G4S boss Ashley Almazna pocketed a £648,000 bonus from the scandal-hit firm for 2013, despite his admission that it had been an "extremely challenging year".
That comes on top of his £1.194m (€1.45m, $1.2m) annual fixed pay, which includes benefits and pension contributions. His basic salary alone is £890,000.
This is in spite of weaker financial results, an ongoing criminal investigation into the business by the UK's Serious Fraud Office (SFO) over its electronic tagging contract with the Ministry of Justice, and a number of damaging scandals across the world.
Almanza took over as chief executive in June 2013, just a month after being appointed chief financial officer.
His predecessor, Nick Buckles, stepped down amid criticism over G4S's failure to meet its contract to provide security for the London 2012 Olympic Games in a high profile corporate blunder.
In December 2013, G4S agreed to repay the UK government £108.9m for overcharging taxpayers on its tagging contract. It had billed the MoJ for the tagging of some criminals who were dead or in prison.
The firm is also under pressure over its contract with the Australian government to run the Manus Island detention centre for asylum seekers in Papua New Guinea. An Iranian man was killed at the camp and riots have broken out. An independent investigation is underway.

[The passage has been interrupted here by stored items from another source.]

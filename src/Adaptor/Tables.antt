-- ===== src/Adaptor/Tables.antt =====
-- What the adaptors write, entry by entry: a row of values for each frame.
use mathlib.Core.List.{append_assoc}
use libambix.Base.{
  ℕ, zero, suc, ◌+◌, ◌-◌, ◌*◌, ◌≤◌, ◌<◌, ◌≡◌, refl, sym, ap, ◌∙◌, arith, List, [], ◌∷◌, ◌++◌,
  length, get_elem?, get_or, get_elem?-eq-get_or, drop, drop_next, done, ◌>>=◌, access, table,
  frames_from,
}
use libambix.Adaptor.{transfer, split_adaptor, merge_adaptor}

module _ {T : Type 0} where
  -- Samples `k, k + 1, …` of a source that has them.
  pub transfer-table :
      (n k from : ℕ) (source : List T) (d : T)
      → k + from + n ≤ length source
      → transfer n (drop (k + from) source)
        ≡ done (drop (k + (from + n)) source, table n from (λ c. get_or source (k + c) d))
  unfolding transfer
  transfer-table zero k from source d h =
      ap (λ j. done (drop j source, [])) {x = k + from} {y = k + (from + 0)} (omega arith)
  transfer-table (suc n) k from source d h = rw (drop_next (k + from) source d (omega arith)) (
      ap (λ j. transfer n (drop j source) >>= λ s. done (s.0, get_or source (k + from) d ∷ s.1))
        {x = suc (k + from)} {y = k + (from + 1)} (omega arith)
      ∙ rw (transfer-table n k (from + 1) source d (omega arith)) (
          ap
            (λ j. done (
              drop j source,
              get_or source (k + from) d ∷ table n (from + 1) (λ c. get_or source (k + c) d),
            ))
            {x = k + (from + 1 + n)} {y = k + (from + suc n)} (omega arith)))

  pub transfer_at :
      (n k from : ℕ) (source : List T) (d : T) {i j : ℕ}
      → i ≡ k + from
      → j ≡ k + (from + n)
      → k + from + n ≤ length source
      → transfer n (drop i source)
        ≡ done (drop j source, table n from (λ c. get_or source (k + c) d))
  transfer_at n k from source d p q h =
      ap (λ t. transfer n (drop t source)) p
      ∙ transfer-table n k from source d h
      ∙ ap (λ t. done (drop t source, table n from (λ c. get_or source (k + c) d))) (sym q)

  pub access-done :
      (source : List T) (i : ℕ) (d : T)
      → i < length source
      → access (get_elem? source i) ≡ done (get_or source i d)
  access-done source i d h = ap access (get_elem?-eq-get_or source i d h)

  -- Frame by frame `split_adaptor` writes the first channels to one set and the others to the other.
  pub split_adaptor-table :
      (source : List T) (sc ac : ℕ) (d : T)
      → ac ≤ sc
      → (left f : ℕ) → sc * (f + left) ≤ length source
      → split_adaptor (drop (sc * f) source) sc ac left
        ≡ done (
          frames_from left f (λ f. table ac 0 (λ c. get_or source (sc * f + c) d)),
          frames_from left f (λ f. table (sc - ac) ac (λ c. get_or source (sc * f + c) d)),
        )
  unfolding split_adaptor
  split_adaptor-table source sc ac d le zero f h = refl
  split_adaptor-table source sc ac d le (suc left) f h = rw (
    transfer_at ac (sc * f) 0 source d {i = sc * f} {j = sc * f + ac} (omega arith) (omega arith)
        (omega arith),
    transfer_at (sc - ac) (sc * f) ac source d {i = sc * f + ac} {j = sc * (f + 1)} (omega arith)
        (omega arith) (omega arith),
    split_adaptor-table source sc ac d le left (f + 1) (omega arith),
  )

  -- Frame by frame `merge_adaptor` writes the channels of one set behind those of the other.
  pub merge_adaptor-table :
      (source1 source2 : List T) (c1 c2 : ℕ) (d : T) (left f : ℕ)
      → c1 * (f + left) ≤ length source1
      → c2 * (f + left) ≤ length source2
      → merge_adaptor (drop (c1 * f) source1) c1 (drop (c2 * f) source2) c2 left
        ≡ done (
            frames_from left f (λ f.
              table c1 0 (λ c. get_or source1 (c1 * f + c) d)
              ++ table c2 0 (λ c. get_or source2 (c2 * f + c) d)))
  unfolding merge_adaptor
  merge_adaptor-table source1 source2 c1 c2 d zero f h k = refl
  merge_adaptor-table source1 source2 c1 c2 d (suc left) f h k =
      rw
        (
          transfer_at c1 (c1 * f) 0 source1 d {i = c1 * f} {j = c1 * (f + 1)} (omega arith)
              (omega arith) (omega arith),
          transfer_at c2 (c2 * f) 0 source2 d {i = c2 * f} {j = c2 * (f + 1)} (omega arith)
              (omega arith) (omega arith),
          merge_adaptor-table source1 source2 c1 c2 d left (f + 1) (omega arith) (omega arith),
        )
        (rw append_assoc)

Towards the end of 2013 allegations surfaced of abuse and torture by staff at South Africa's tough Mangaung prison, run by G4S. The company denies the claims.
Three of the company's former staff are also facing a manslaughter trial over the death of a 46-year-old Angolan man being deported from the UK in 2010. Jimmy Mubenga was restrained by the three security staff who were escorting him back to Angola before he died on the plane.
The company's profits were also down in 2013. Profit before tax and other exceptional items for the year was £442m, a 6% decline. Including special items, such as the UK tagging contract charge, it had fallen 84.6% over the year from £364m to £56m.
G4S said in its annual report that Almanza had met his financial and non-financial targets and so was entitled to the significant bonus.
"He assumed the role of CEO in a time of great uncertainty," said the report.
"The board asked him to focus on identifying root causes of issues that had led to our profi t warning in May and to prioritise the correction of those issues in a sustainable manner.
"We asked him to stay equally balanced on delivering quality underlying operating results that would set the foundation for sustainable growth going forward ... the committee concluded that the underlying PBITA of £442 million, as presented in the results, was 'at target' for the financial portion of his bonus.
"For the portion of his bonus based on non-financial objectives, the committee, and indeed the whole board, was highly satisfied with the rate and pace of progress and the committee therefore awarded him the maximum quantum."